[Saved entries]
++++++++++
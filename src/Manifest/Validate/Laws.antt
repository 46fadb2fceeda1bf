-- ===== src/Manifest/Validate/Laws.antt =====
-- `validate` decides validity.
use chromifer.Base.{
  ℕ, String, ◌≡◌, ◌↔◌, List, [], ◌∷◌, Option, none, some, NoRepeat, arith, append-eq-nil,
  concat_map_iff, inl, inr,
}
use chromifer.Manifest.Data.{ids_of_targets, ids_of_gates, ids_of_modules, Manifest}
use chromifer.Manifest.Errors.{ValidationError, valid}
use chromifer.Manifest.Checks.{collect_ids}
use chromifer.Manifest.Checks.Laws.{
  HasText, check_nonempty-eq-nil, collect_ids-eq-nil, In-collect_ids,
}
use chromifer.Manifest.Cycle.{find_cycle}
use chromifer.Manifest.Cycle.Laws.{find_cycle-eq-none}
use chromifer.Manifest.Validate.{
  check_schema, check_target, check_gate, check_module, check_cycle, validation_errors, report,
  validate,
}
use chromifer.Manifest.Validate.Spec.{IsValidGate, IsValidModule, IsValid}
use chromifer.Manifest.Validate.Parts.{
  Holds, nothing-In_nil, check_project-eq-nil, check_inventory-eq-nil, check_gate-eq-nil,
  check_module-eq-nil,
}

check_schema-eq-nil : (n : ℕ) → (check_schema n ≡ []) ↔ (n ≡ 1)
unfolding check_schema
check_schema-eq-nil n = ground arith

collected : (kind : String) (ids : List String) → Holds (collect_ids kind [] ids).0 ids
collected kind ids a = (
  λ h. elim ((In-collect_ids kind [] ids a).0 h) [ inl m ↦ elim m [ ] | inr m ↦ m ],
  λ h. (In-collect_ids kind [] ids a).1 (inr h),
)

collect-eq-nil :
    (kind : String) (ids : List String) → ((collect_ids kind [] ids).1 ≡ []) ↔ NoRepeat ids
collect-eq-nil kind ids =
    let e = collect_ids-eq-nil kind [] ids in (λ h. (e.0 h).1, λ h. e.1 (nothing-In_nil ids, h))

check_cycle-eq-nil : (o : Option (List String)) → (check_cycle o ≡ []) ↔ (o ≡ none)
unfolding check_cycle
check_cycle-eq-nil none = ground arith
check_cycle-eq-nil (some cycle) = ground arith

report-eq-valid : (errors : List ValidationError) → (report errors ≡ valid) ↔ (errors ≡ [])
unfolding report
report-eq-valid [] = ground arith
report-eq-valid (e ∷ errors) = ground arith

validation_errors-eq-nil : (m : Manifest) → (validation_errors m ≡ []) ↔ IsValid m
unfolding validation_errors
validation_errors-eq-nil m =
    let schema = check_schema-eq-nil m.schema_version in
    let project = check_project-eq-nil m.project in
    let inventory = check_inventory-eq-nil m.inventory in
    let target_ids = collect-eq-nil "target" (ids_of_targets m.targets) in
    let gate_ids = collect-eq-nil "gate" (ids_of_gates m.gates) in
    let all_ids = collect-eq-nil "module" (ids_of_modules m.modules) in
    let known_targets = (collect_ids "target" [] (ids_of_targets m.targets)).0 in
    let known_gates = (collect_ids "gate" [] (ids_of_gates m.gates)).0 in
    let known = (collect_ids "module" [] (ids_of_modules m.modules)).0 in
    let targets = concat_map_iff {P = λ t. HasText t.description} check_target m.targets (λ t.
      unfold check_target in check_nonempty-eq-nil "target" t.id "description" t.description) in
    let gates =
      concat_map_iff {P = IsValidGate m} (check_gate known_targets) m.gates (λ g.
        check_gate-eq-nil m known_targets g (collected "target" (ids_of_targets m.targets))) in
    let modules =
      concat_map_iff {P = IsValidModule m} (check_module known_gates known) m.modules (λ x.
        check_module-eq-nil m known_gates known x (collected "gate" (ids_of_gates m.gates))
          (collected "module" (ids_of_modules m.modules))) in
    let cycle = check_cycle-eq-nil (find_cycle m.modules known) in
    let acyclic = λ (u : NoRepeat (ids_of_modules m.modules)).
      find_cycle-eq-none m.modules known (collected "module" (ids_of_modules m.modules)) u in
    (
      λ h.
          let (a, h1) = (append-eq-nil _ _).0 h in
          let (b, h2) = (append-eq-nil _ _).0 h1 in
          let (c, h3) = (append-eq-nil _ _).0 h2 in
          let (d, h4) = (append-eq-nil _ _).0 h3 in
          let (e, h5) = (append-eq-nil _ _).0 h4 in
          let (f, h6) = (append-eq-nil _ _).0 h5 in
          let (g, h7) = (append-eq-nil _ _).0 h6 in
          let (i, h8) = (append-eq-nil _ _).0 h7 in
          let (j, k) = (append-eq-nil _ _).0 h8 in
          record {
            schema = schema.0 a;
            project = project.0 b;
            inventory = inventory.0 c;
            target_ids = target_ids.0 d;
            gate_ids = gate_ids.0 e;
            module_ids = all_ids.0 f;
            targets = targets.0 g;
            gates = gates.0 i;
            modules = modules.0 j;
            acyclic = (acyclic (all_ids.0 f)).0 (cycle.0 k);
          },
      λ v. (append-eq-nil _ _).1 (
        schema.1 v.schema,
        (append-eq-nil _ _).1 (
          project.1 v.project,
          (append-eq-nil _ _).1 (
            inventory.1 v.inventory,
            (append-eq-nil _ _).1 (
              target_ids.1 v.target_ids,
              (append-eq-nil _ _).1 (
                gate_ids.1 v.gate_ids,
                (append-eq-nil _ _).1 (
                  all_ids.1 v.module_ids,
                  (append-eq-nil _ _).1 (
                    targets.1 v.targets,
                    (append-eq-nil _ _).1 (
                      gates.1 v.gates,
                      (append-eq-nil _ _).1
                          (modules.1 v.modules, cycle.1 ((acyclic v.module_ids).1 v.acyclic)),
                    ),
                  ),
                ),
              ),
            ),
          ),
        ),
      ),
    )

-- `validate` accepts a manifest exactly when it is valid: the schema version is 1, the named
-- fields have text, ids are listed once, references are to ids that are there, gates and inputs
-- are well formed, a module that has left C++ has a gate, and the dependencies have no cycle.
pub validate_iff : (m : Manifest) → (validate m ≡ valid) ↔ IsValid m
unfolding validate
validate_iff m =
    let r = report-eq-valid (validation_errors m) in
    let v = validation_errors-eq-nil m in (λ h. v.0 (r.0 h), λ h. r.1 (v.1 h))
++++++++++
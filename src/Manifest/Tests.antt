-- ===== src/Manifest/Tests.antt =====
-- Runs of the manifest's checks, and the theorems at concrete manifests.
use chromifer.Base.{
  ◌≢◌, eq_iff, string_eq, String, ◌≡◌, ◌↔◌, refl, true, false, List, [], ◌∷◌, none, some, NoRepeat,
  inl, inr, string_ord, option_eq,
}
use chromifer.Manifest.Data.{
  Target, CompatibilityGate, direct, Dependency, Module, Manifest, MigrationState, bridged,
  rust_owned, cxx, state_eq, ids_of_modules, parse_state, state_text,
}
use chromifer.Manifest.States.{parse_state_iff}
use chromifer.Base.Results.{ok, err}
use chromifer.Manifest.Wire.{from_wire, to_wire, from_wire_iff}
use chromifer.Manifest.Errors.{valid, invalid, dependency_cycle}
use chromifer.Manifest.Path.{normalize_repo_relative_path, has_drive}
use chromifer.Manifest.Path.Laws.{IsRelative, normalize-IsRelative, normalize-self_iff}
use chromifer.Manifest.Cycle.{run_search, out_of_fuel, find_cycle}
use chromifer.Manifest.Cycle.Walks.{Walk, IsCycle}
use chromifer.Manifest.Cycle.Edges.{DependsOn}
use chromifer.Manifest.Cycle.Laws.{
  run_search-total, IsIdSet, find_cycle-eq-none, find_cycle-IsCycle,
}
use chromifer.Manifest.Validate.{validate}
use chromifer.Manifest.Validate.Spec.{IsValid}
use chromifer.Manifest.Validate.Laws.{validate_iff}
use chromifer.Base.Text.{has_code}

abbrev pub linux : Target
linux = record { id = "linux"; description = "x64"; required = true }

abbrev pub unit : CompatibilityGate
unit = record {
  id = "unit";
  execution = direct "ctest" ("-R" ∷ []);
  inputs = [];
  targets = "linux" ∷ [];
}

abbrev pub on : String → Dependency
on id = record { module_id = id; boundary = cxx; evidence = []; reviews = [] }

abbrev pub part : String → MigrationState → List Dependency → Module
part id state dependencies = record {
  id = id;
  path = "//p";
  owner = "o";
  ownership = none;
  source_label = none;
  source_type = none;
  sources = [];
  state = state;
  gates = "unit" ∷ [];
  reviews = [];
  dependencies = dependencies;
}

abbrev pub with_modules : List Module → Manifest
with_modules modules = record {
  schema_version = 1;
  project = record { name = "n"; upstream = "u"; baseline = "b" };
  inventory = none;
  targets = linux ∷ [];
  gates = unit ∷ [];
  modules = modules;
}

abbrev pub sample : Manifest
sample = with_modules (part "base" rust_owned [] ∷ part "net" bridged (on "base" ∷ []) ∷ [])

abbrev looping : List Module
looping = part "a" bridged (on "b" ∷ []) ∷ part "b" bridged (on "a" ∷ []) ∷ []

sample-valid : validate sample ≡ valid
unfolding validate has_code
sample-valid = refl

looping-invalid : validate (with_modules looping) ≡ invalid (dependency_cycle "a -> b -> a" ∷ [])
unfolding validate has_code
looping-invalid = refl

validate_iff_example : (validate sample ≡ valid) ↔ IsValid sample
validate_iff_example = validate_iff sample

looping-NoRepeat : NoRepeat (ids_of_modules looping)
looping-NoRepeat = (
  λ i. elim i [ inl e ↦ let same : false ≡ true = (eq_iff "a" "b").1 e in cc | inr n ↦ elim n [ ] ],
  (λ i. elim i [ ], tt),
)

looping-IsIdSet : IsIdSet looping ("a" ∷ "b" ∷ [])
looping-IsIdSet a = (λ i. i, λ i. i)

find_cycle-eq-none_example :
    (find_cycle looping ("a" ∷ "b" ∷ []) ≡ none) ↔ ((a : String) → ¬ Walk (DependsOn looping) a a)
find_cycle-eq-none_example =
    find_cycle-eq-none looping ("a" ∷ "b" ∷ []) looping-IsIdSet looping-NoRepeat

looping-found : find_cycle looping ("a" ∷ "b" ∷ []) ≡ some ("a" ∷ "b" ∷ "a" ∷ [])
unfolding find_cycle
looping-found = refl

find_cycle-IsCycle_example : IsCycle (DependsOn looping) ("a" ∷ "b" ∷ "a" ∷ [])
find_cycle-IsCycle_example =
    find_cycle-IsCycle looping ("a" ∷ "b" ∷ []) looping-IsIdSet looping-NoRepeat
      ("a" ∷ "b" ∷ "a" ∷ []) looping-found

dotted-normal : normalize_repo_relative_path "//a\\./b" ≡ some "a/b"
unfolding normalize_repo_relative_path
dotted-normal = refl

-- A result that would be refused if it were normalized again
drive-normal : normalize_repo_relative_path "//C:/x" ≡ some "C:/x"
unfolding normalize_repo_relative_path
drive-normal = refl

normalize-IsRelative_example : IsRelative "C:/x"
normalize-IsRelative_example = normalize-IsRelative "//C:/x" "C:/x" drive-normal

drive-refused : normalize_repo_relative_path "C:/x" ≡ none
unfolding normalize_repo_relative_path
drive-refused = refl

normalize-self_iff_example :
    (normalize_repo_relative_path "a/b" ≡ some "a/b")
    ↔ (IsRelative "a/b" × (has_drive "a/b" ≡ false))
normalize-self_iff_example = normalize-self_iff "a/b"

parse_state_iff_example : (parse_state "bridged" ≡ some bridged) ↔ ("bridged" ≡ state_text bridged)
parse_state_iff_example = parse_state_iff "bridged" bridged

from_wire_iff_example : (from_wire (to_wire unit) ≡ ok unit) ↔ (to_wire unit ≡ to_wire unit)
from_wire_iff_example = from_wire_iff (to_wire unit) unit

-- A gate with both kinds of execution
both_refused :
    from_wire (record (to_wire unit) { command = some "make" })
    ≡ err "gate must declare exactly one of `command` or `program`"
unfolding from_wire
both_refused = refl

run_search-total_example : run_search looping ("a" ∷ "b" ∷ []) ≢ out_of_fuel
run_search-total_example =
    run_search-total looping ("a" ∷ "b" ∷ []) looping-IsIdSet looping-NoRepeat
++++++++++
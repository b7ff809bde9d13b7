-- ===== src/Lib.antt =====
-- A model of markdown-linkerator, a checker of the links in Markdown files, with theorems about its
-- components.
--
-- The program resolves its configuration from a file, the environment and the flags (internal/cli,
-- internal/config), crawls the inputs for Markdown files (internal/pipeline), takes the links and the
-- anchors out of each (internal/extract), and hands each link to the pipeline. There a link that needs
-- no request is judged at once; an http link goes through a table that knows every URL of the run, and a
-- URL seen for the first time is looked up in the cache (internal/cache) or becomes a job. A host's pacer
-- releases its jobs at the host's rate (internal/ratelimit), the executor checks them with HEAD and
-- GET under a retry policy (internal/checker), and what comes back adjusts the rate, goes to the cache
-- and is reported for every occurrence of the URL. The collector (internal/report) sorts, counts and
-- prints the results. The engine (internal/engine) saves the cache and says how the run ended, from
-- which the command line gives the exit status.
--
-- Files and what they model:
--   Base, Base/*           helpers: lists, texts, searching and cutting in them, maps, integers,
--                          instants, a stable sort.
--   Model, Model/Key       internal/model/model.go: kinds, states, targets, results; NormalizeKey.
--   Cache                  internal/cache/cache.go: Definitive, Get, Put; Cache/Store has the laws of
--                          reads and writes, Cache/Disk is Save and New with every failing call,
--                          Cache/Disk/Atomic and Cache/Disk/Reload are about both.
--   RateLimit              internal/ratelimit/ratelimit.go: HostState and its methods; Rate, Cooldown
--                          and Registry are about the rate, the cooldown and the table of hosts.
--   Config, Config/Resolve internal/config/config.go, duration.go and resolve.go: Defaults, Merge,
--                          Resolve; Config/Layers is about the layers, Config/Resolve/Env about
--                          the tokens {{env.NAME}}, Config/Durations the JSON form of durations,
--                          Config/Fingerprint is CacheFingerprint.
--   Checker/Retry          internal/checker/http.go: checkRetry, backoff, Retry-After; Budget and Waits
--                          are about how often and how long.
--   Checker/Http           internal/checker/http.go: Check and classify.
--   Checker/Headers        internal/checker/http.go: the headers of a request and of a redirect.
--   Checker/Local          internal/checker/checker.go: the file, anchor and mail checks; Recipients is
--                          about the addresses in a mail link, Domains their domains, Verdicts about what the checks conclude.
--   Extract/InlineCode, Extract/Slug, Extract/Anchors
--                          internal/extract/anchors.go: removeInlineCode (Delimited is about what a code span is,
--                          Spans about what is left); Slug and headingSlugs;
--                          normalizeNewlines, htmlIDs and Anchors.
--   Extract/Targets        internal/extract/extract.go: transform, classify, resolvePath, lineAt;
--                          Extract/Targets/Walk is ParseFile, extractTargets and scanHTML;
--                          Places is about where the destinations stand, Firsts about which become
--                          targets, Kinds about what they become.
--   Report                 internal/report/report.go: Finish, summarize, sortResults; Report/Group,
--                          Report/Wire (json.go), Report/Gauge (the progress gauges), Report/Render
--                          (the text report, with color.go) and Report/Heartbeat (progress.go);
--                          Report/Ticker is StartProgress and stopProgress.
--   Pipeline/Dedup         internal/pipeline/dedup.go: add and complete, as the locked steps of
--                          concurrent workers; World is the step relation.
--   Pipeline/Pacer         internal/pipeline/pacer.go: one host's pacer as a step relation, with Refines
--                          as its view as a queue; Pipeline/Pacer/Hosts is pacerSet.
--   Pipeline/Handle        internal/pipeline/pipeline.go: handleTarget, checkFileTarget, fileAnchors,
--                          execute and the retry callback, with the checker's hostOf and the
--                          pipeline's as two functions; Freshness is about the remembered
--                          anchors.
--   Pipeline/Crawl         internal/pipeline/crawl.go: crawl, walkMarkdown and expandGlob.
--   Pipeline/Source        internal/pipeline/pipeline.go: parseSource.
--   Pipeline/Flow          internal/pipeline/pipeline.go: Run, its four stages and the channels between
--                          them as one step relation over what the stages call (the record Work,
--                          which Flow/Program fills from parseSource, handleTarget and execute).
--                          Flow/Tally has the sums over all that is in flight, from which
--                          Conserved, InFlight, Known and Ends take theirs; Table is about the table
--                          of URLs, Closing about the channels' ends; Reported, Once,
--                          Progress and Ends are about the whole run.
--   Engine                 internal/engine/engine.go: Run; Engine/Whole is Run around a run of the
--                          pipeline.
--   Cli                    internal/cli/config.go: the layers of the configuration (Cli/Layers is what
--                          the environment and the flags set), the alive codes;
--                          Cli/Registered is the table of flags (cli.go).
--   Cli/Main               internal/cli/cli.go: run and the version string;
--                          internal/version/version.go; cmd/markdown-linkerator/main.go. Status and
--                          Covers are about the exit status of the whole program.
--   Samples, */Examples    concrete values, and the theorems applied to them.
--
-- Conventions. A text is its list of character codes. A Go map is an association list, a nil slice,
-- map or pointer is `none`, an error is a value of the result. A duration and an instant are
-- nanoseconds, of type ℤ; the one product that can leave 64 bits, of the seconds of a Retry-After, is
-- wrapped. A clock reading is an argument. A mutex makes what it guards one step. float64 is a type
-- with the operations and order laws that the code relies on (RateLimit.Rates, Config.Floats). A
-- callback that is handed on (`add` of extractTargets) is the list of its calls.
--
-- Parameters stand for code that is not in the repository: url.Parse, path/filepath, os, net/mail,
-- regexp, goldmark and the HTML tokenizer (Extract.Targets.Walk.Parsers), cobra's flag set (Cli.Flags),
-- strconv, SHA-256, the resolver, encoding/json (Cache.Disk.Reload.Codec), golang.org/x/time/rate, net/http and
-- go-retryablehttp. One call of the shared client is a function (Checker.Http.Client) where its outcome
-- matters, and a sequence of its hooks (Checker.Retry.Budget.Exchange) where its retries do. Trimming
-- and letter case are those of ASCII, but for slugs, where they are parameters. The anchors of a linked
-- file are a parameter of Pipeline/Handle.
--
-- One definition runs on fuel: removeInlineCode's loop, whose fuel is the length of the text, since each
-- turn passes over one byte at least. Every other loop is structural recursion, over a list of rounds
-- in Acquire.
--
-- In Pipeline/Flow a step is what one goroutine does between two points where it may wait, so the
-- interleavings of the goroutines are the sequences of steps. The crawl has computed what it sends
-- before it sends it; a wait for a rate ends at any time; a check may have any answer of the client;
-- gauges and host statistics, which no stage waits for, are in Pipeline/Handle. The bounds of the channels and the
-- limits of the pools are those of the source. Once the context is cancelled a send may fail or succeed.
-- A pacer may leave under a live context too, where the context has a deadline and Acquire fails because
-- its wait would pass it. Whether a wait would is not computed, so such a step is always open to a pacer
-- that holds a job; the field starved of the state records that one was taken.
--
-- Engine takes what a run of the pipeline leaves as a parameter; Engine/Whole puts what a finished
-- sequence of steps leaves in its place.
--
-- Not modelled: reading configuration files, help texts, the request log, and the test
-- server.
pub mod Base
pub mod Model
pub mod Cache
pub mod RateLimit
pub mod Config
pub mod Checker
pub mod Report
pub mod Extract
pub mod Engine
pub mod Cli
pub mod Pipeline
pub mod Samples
++++++++++
__Problem details__: Out of the data above, give again only the lines starting at the one holding "-- are well" and ending at the one holding "let v = validation_errors-eq-nil", unchanged.

__Finished exercise__:
-- are well formed, a module that has left C++ has a gate, and the dependencies have no cycle.
pub validate_iff : (m : Manifest) → (validate m ≡ valid) ↔ IsValid m
unfolding validate
validate_iff m =
    let r = report-eq-valid (validation_errors m) in
    let v = validation_errors-eq-nil m in (λ h. v.0 (r.0 h), λ h. r.1 (v.1 h))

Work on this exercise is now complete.